ASL University |
Equal Opportunity Education
By Lynette Johnson
Public education for the deaf in the United States initially began
with the opening of the American School for the Deaf in 1817. This
was the first school for the deaf in the U.S. known as Gallaudet,
and became a university in 1986. Thomas Hopkins Gallaudet, its
founder, lived next door to a prominent surgeon whose daughter was
deaf due to a high fever when she was a baby. As Gallaudet watched
the young child playing and attempting to communicate with her
siblings and neighborhood children one day he decided that deaf
children could learn and that there should be a school for them.
Gallaudet eventually turned to a French deaf school to instruct him
in becoming a teacher to the deaf. When he returned to American he
opened the American School for the Deaf in a hotel and it became the
first school funded by the government, (ASD, 2005).
The Individual's With Disabilities Education Act (IDEA) of 1997 is a
law that insures that any child with a disability receives an
education in the least restrictive environment possible. The problem
with this law is that it doesn't take into account the communication
needs of deaf children. In 1997 and 2004 amendments to IDEA took the
communication needs of deaf children into account, and since 2005 a
national agenda has been held for states interested in reforming
educational needs of deaf and hard-of-hearing students in the public
IDEA focuses on 5 strategic goals to help all students, not just
those with disabilities, achieve success in school. Those five
strategies are that 1) parents and babies have access to resources
that they need early on. 2) Preschools will get toddlers with
disabilities ready for elementary school. 3) Intervention for
children with reading and/or behavioral problems. 4) Appropriate
access to general education and 5) all students with disabilities
will finish high school because they have historically dropped out
at a higher rate than those with no disability (IDEA, 1997).
Since 1997 IDEA has been amended twice, and the U.S. Department of
Education has published a guidance policy on how IDEA should be
applied so that deaf and hard-of-hearing students would benefit from
the Act. An education coalition was created in 2005 with numerous
groups, parents, and organizations along with the National
Association of the Deaf (NAD) to "achieve a national agenda of
educational equality for the deaf and hard-of-hearing" (NAD, 2005).
The agenda would focus on communication strategies that would
enhance their education.
"Advocacy Issues: Education."
National Association of the Deaf. 26 Jan. 2002. 22 May 2002 <http://www.nad.org/advocacyeducation>.
"Brief History of ASD." American
School for the Deaf.
2005. American School for the Deaf. 28 May 2008
Department of Education. 26
Aug. 2002. 28 May 2008 <http://www.ed.gov/offices/OSERS/Policy/IDEA/index.html>.
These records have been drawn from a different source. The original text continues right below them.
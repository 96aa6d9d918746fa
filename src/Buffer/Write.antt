-- ===== src/Buffer/Write.antt =====
-- The writers of the buffer (`writebyte`, `writen`) over `memory_buffer_write`, and the well-formed
-- buffers.
use windows_libc.Common.{
  ℕ, suc, ◌+◌, ◌-◌, ◌^◌, ◌≤◌, ◌<◌, ◌≡◌, refl, sym, ap, ◌∙◌, ◌⊎◌, inl, inr, Bool, true, false,
  Option, some, List, [], ◌∷◌, ◌++◌, append_assoc, arith, ltb, ◌==◌, Bool-cases, length, take, drop,
  replicate, length-append, length-set, length-take, length-drop, length-replicate, take-append,
  take-take-append, take-set,
}
use windows_libc.Buffer.{
  Buffer, put, copy, grow, rounds, resize, resized, memory_buffer_write, after_room, writebyte,
  writen,
}
use windows_libc.Buffer.Grow.{Room, grow-Room}

-- A buffer without error has as many bytes as it says, and its position among them.
pub record IsValid (b : Buffer) : Type 0 where
  pub no_error : b.error ≡ false
  pub whole : length b.bytes ≡ b.size
  pub within : b.pos ≤ b.size
  pub small : b.size < 2 ^ 63

-- The bytes written so far.
abbrev pub content : Buffer → List ℕ
content b = take b.pos b.bytes

-- The buffer `c` is `b` with room for `n` bytes more.
pub record HasRoom (b : Buffer) (n : ℕ) (c : Buffer) : Type 0 where
  pub valid : IsValid c
  pub kept : content c ≡ content b
  pub same_pos : c.pos ≡ b.pos
  pub room : c.pos + n ≤ c.size

-- The buffer `c` is `b` with the bytes `xs` written behind what was there.
pub record Wrote (b : Buffer) (xs : List ℕ) (c : Buffer) : Type 0 where
  pub valid : IsValid c
  pub written : content c ≡ content b ++ xs

put-Wrote : {b c : Buffer} (byte : ℕ) → HasRoom b 1 c → Wrote b (byte ∷ []) (put c byte)
unfolding put
put-Wrote {b} {c} byte r = record {
  valid = record {
    no_error = r.valid.no_error;
    whole = length-set c.bytes c.pos byte ∙ r.valid.whole;
    within = r.room;
    small = r.valid.small;
  };
  written =
      let e : c.pos + 1 ≡ suc c.pos = omega arith in
      rw (e, ← r.kept) (take-set c.bytes c.pos byte (omega (arith, r.valid.whole, r.room)));
}

copy-Wrote : {b c : Buffer} (xs : List ℕ) → HasRoom b (length xs) c → Wrote b xs (copy c xs)
unfolding copy
copy-Wrote {b} {c} xs r = record {
  valid = record {
    no_error = r.valid.no_error;
    whole = omega (
      arith,
      length-append (take c.pos c.bytes) (xs ++ drop (c.pos + length xs) c.bytes),
      length-append xs (drop (c.pos + length xs) c.bytes),
      length-take c.pos c.bytes,
      length-drop (c.pos + length xs) c.bytes,
    );
    within = r.room;
    small = r.valid.small;
  };
  written =
      let cut : length (take c.pos c.bytes) ≡ c.pos = omega (arith, length-take c.pos c.bytes) in
      rw (← r.kept, ← append_assoc (take c.pos c.bytes) xs)
        (take-append (take c.pos c.bytes ++ xs) (drop (c.pos + length xs) c.bytes)
          (c.pos + length xs) (omega (arith, cut, length-append (take c.pos c.bytes) xs)));
}

-- What the callback gives: room, or the error flag.
abbrev Granted : Buffer → ℕ → Buffer → Type 0
Granted b n c = HasRoom b n c ⊎ (c.error ≡ true)

resize-Granted :
    (alloc : ℕ → Bool) {b : Buffer} (n size : ℕ)
    → IsValid b
    → b.pos + n ≤ size
    → b.size ≤ size
    → size < 2 ^ 63
    → Granted b n (resize alloc b size)
unfolding resize
resize-Granted alloc {b} n size v room grown small = elim (Bool-cases (alloc size)) [
  | inr fails ↦ inr (rw fails)
  | inl works ↦ inl (
      rw works (record {
        valid = record {
          no_error = v.no_error;
          whole = omega (
            arith,
            v.whole,
            length-append (take b.size b.bytes) (replicate (size - b.size) 0),
            length-take b.size b.bytes,
            length-replicate {A = ℕ} (size - b.size) 0,
          );
          within = omega arith;
          small = small;
        };
        kept =
            take-take-append b.pos b.size b.bytes (replicate (size - b.size) 0) v.within
              (omega (arith, v.whole));
        same_pos = refl;
        room = room;
      }))
]

abbrev Answers : Buffer → ℕ → Option Buffer → Type 0
Answers b n o = (c : Buffer) × (o ≡ some c) × Granted b n c

resized-Answers :
    (alloc : ℕ → Bool) (b : Buffer) (n : ℕ) {size : ℕ} {o : Option ℕ}
    → IsValid b
    → b.size ≤ size
    → size < 2 ^ 63
    → b.pos + n < 2 ^ 62
    → Room b.pos n size o
    → Answers b n (resized alloc b o)
unfolding resize
resized-Answers alloc b n v grown bound small r = rw r.returns (
  resize alloc b r.new_size,
  refl,
  resize-Granted alloc n r.new_size v r.fits (omega (arith, r.at_least))
      (omega (arith, r.at_most, v.small)),
)

mbw_full :
    (alloc : ℕ → Bool) (b : Buffer) (n : ℕ)
    → b.error ≡ false
    → 0 < n
    → 0 < b.size
    → memory_buffer_write alloc b n ≡ resized alloc b (grow rounds n b.pos b.size)
unfolding memory_buffer_write
mbw_full alloc b n e p q = ground arith

abbrev emptied : Buffer → Buffer
emptied b = record b { pos = 0; bytes = []; size = 0 }

mbw_empty :
    (alloc : ℕ → Bool) (b : Buffer) (n : ℕ)
    → b.error ≡ false
    → 0 < n
    → b.size ≡ 0
    → memory_buffer_write alloc b n ≡ resized alloc (emptied b) (grow rounds n 0 64)
unfolding memory_buffer_write
mbw_empty alloc b n e p q = ground arith

emptied-IsValid : {b : Buffer} → IsValid b → IsValid (emptied b)
emptied-IsValid v = record {
  no_error = v.no_error;
  whole = refl;
  within = omega arith;
  small = omega arith;
}

emptied-Answers :
    {b : Buffer} {n : ℕ} {o : Option Buffer} → b.pos ≡ 0 → Answers (emptied b) n o → Answers b n o
emptied-Answers {b} e (c, answered, inr failed) = (c, answered, inr failed)
emptied-Answers {b} e (c, answered, inl r) = (
  c,
  answered,
  inl (record {
    valid = r.valid;
    kept = r.kept ∙ sym (ap (λ p. take p b.bytes) e);
    same_pos = r.same_pos ∙ sym e;
    room = r.room;
  }),
)

memory_buffer_write-Answers :
    (alloc : ℕ → Bool) {b : Buffer} (n : ℕ)
    → IsValid b
    → b.size < b.pos + n
    → b.pos + n < 2 ^ 62
    → Answers b n (memory_buffer_write alloc b n)
memory_buffer_write-Answers alloc {b} n v short small = elim (Bool-cases (b.size == 0)) [
  | inl empty ↦
      let no_bytes : b.size ≡ 0 = ground arith in
      let at_start : b.pos ≡ 0 = omega (arith, v.within) in
      rw (mbw_empty alloc b n v.no_error (omega arith) no_bytes) (
        emptied-Answers at_start (
          resized-Answers alloc (emptied b) n (emptied-IsValid v) (omega arith) (omega arith)
            (omega arith)
            (grow-Room n 0 64 (omega arith) (omega arith) (omega arith) (omega arith))))
  | inr full ↦
      let some_bytes : 0 < b.size = ground arith in
      rw (mbw_full alloc b n v.no_error (omega (arith, v.within)) some_bytes) (
        resized-Answers alloc b n v (omega arith) v.small small
          (grow-Room n b.pos b.size some_bytes v.within small v.small))
]

-- The end of a write: all bytes written, or none and the error flag.
abbrev pub Written : Buffer → List ℕ → Option (ℕ × Buffer) → Type 0
Written b xs o =
    (n : ℕ) × (c : Buffer) × (o ≡ some (n, c))
    × (((n ≡ length xs) × Wrote b xs c) ⊎ ((n ≡ 0) × (c.error ≡ true)))

already : {b : Buffer} {n : ℕ} → IsValid b → b.pos + n ≤ b.size → HasRoom b n b
already v r = record { valid = v; kept = refl; same_pos = refl; room = r }

after_room-Written :
    {b : Buffer} (xs : List ℕ) (act : Buffer → Buffer) {o : Option Buffer}
    → ((c : Buffer) → HasRoom b (length xs) c → Wrote b xs (act c))
    → Answers b (length xs) o
    → Written b xs (after_room o act (length xs))
after_room-Written xs act ok (c, answered, inr failed) =
    (0, c, rw (answered, failed), inr (refl, failed))
after_room-Written xs act ok (c, answered, inl r) =
    (length xs, act c, rw (answered, r.valid.no_error), inl (refl, ok c r))

-- On a well-formed buffer of the memory kind, `writebyte` always returns. It has put the byte
-- behind the bytes written so far and kept the buffer well formed, or it returned 0 with the error
-- flag set. The content has to stay below 2 ^ 62 bytes.
pub writebyte-Written :
    (alloc : ℕ → Bool) {b : Buffer} (byte : ℕ)
    → IsValid b
    → b.pos + 1 < 2 ^ 62
    → Written b (byte ∷ []) (writebyte (some (memory_buffer_write alloc)) b byte)
unfolding writebyte
writebyte-Written alloc {b} byte v small = elim (Bool-cases (ltb b.size (b.pos + 1))) [
  | inr room ↦ (
    1,
    put b byte,
    simp (v.no_error, room),
    inl (refl, put-Wrote byte (already v (ground arith))),
  )
  | inl short ↦
      simp (v.no_error, short)
        (after_room-Written (byte ∷ []) (λ c. put c byte) (λ c r. put-Wrote byte r)
          (memory_buffer_write-Answers alloc 1 v (ground arith) small))
]

-- On a well-formed buffer of the memory kind, `writen` always returns. It has put all the bytes
-- behind those written so far and kept the buffer well formed, or it returned 0 with the error flag
-- set. The content has to stay below 2 ^ 62 bytes.
pub writen-Written :
    (alloc : ℕ → Bool) {b : Buffer} (xs : List ℕ)
    → IsValid b
    → b.pos + length xs < 2 ^ 62
    → Written b xs (writen (some (memory_buffer_write alloc)) b xs)
unfolding writen
writen-Written alloc {b} xs v small = elim (Bool-cases (ltb b.size (b.pos + length xs))) [
  | inr room ↦ (
    length xs,
    copy b xs,
    simp (v.no_error, room),
    inl (refl, copy-Wrote xs (already v (ground arith))),
  )
  | inl short ↦
      simp (v.no_error, short)
        (after_room-Written xs (λ c. copy c xs) (λ c r. copy-Wrote xs r)
          (memory_buffer_write-Answers alloc (length xs) v (ground arith) small))
]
"Timeline: History of Gallaudet
and the Deaf." Gallaudet University Archives. 14 Sept.
University. 28 May 2008 <http://archives.gallaudet.edu/Timeline.htm>.
NOTES FROM THE AUTHOR
Lynette Johnson writes:
I recently read a news paper article about a mother who had to fight
to get translation services for her two high school children who are
deaf. The school spent over $200,000 dollars fighting their case
against the first student arguing that the cost for the interpreter
would cost the district $60,000 a year. They also argued that the
student was doing well academically and did not need the
accommodations that the mother was fighting for. The student in turn
argued that she could participate in class discussions if she was
aware of what was being said in the class. Treating all students
equal has long been a problem of public education.
It seems as though we have come a long way in improving the rights
of individuals in this Country in a very short time. But in all
actuality, we really have a long way to go. The idea that schools
would spend more money to not educate a student than to educate them
it clearly inappropriate and should never have happened. A parent
should not have to fight the school district to provide their
offspring with a better education just because the child is doing
well. An interpreter would only have given the child the same
advantage that every hearing child had in class. I have to admit
that I was shocked when I read testimonials of what parents are
going through right now trying to get access for their children who
are either deaf or hard of hearing. As stated in the beginning the
public school system is designed for one type of student, and
unfortunately most students don't fit into the mold designed by the
educational system. Hopefully schools will continue to with IDEA and
strive to make education achievable for all students.